━━━━━ SOURCE DATA ━━━━━
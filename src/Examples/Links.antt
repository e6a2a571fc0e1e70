-- ===== src/Examples/Links.antt =====
-- Runs of the entity journal's projection and of the walk over its intervals.
use decision_ledger.Prelude.{◌≡◌, refl, ℕ, true, none, some, List, [], ◌∷◌, all, ok}
use decision_ledger.Examples.Data.{known_card}
use decision_ledger.Identity.{Uuid, ResolvedIdentity, deterministic, is_valid_identity}
use decision_ledger.Identity.Events.{merge, detach, EntityEvent, Membership, is_well_formed}
use decision_ledger.Identity.Projection.{Operation, project_membership}
use decision_ledger.Identity.Projection.Chronology.{History}
use decision_ledger.Identity.Projection.Current.{Projects, project_membership-Projects}
use decision_ledger.Identity.Linked.Ids.{IsEdges}
use decision_ledger.Identity.Linked.Exact.{Timeline, linked_entities-exact}

abbrev merging : Uuid → Uuid → ℕ → EntityEvent
merging subject object at = record {
  event_type = merge;
  subject_entity_id = subject;
  object_entity_id = object;
  relationship_type = none;
  effective_at = at;
}

-- 1 and 2 are merged and detached again; 1 and 3 stay merged.
abbrev events : List EntityEvent
events = record (merging 1 2 7) { event_type = detach } ∷ merging 1 2 5 ∷ merging 1 3 6 ∷ []

-- A card whose decision says that it belongs to 5.
abbrev owned_card : ResolvedIdentity
owned_card = record known_card {
  entity_id = 0;
  derivation = some (record { namespace_uuid = 7; enterprise_key = "card" });
  provenance = record (known_card.provenance) { method = deterministic; reason = none };
  related = record { relationship_type = "owned_by"; entity_type = "person"; entity_id = 5 } ∷ [];
}

owned_card-is_valid : all (is_valid_identity (λ namespace name. 0)) (owned_card ∷ []) ≡ true
unfolding is_valid_identity
owned_card-is_valid = refl

well_formed : all is_well_formed events ≡ true
unfolding is_well_formed
well_formed = refl

project_membership-Projects_example :
    (os : List Operation) × History events (owned_card ∷ []) os
    × ((ms : List Membership) × (project_membership events (owned_card ∷ []) ≡ ok ms)
        × Projects os ms)
project_membership-Projects_example =
    project_membership-Projects (λ namespace name. 0) events (owned_card ∷ []) well_formed
      owned_card-is_valid

abbrev merged_now : Uuid → Uuid → Membership
merged_now subject other = record {
  subject_entity_id = subject;
  related_entity_id = other;
  relationship_type = none;
  valid_from = 5;
  valid_to = none;
}

abbrev table : List Membership
table =
    merged_now 1 3
    ∷ merged_now 4 3
    ∷ record (merged_now 4 9) { relationship_type = some "owns" }
    ∷ []

whole_table : IsEdges table (λ ids. table)
whole_table = record { sound = λ ids m there. there; complete = λ ids m there now near. there }

linked_entities-exact_example : Timeline table (λ ids. table) whole_table 1 (some "owns")
linked_entities-exact_example =
    linked_entities-exact table (λ ids. table) whole_table 1 (some "owns")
━━━━━
PROBLEM REQUIREMENTS: Write out every record exactly as it appears above.

REPLY TO THE EXERCISE:
filename src/Examples/Links.antt
repository e6a2a571fc0e1e70
-- ===== src/Examples/Links.antt =====
-- Runs of the entity journal's projection and of the walk over its intervals.
use decision_ledger.Prelude.{◌≡◌, refl, ℕ, true, none, some, List, [], ◌∷◌, all, ok}
use decision_ledger.Examples.Data.{known_card}
use decision_ledger.Identity.{Uuid, ResolvedIdentity, deterministic, is_valid_identity}
use decision_ledger.Identity.Events.{merge, detach, EntityEvent, Membership, is_well_formed}
use decision_ledger.Identity.Projection.{Operation, project_membership}
use decision_ledger.Identity.Projection.Chronology.{History}
use decision_ledger.Identity.Projection.Current.{Projects, project_membership-Projects}
use decision_ledger.Identity.Linked.Ids.{IsEdges}
use decision_ledger.Identity.Linked.Exact.{Timeline, linked_entities-exact}

abbrev merging : Uuid → Uuid → ℕ → EntityEvent
merging subject object at = record {
  event_type = merge;
  subject_entity_id = subject;
  object_entity_id = object;
  relationship_type = none;
  effective_at = at;
}

-- 1 and 2 are merged and detached again; 1 and 3 stay merged.
abbrev events : List EntityEvent
events = record (merging 1 2 7) { event_type = detach } ∷ merging 1 2 5 ∷ merging 1 3 6 ∷ []

-- A card whose decision says that it belongs to 5.
abbrev owned_card : ResolvedIdentity
owned_card = record known_card {
  entity_id = 0;
  derivation = some (record { namespace_uuid = 7; enterprise_key = "card" });
  provenance = record (known_card.provenance) { method = deterministic; reason = none };
  related = record { relationship_type = "owned_by"; entity_type = "person"; entity_id = 5 } ∷ [];
}

owned_card-is_valid : all (is_valid_identity (λ namespace name. 0)) (owned_card ∷ []) ≡ true
unfolding is_valid_identity
owned_card-is_valid = refl

well_formed : all is_well_formed events ≡ true
unfolding is_well_formed
well_formed = refl

project_membership-Projects_example :
    (os : List Operation) × History events (owned_card ∷ []) os
    × ((ms : List Membership) × (project_membership events (owned_card ∷ []) ≡ ok ms)
        × Projects os ms)
project_membership-Projects_example =
    project_membership-Projects (λ namespace name. 0) events (owned_card ∷ []) well_formed
      owned_card-is_valid

abbrev merged_now : Uuid → Uuid → Membership
merged_now subject other = record {
  subject_entity_id = subject;
  related_entity_id = other;
  relationship_type = none;
  valid_from = 5;
  valid_to = none;
}

abbrev table : List Membership
table =
    merged_now 1 3
    ∷ merged_now 4 3
    ∷ record (merged_now 4 9) { relationship_type = some "owns" }
    ∷ []

whole_table : IsEdges table (λ ids. table)
whole_table = record { sound = λ ids m there. there; complete = λ ids m there now near. there }

linked_entities-exact_example : Timeline table (λ ids. table) whole_table 1 (some "owns")
linked_entities-exact_example =
    linked_entities-exact table (λ ids. table) whole_table 1 (some "owns")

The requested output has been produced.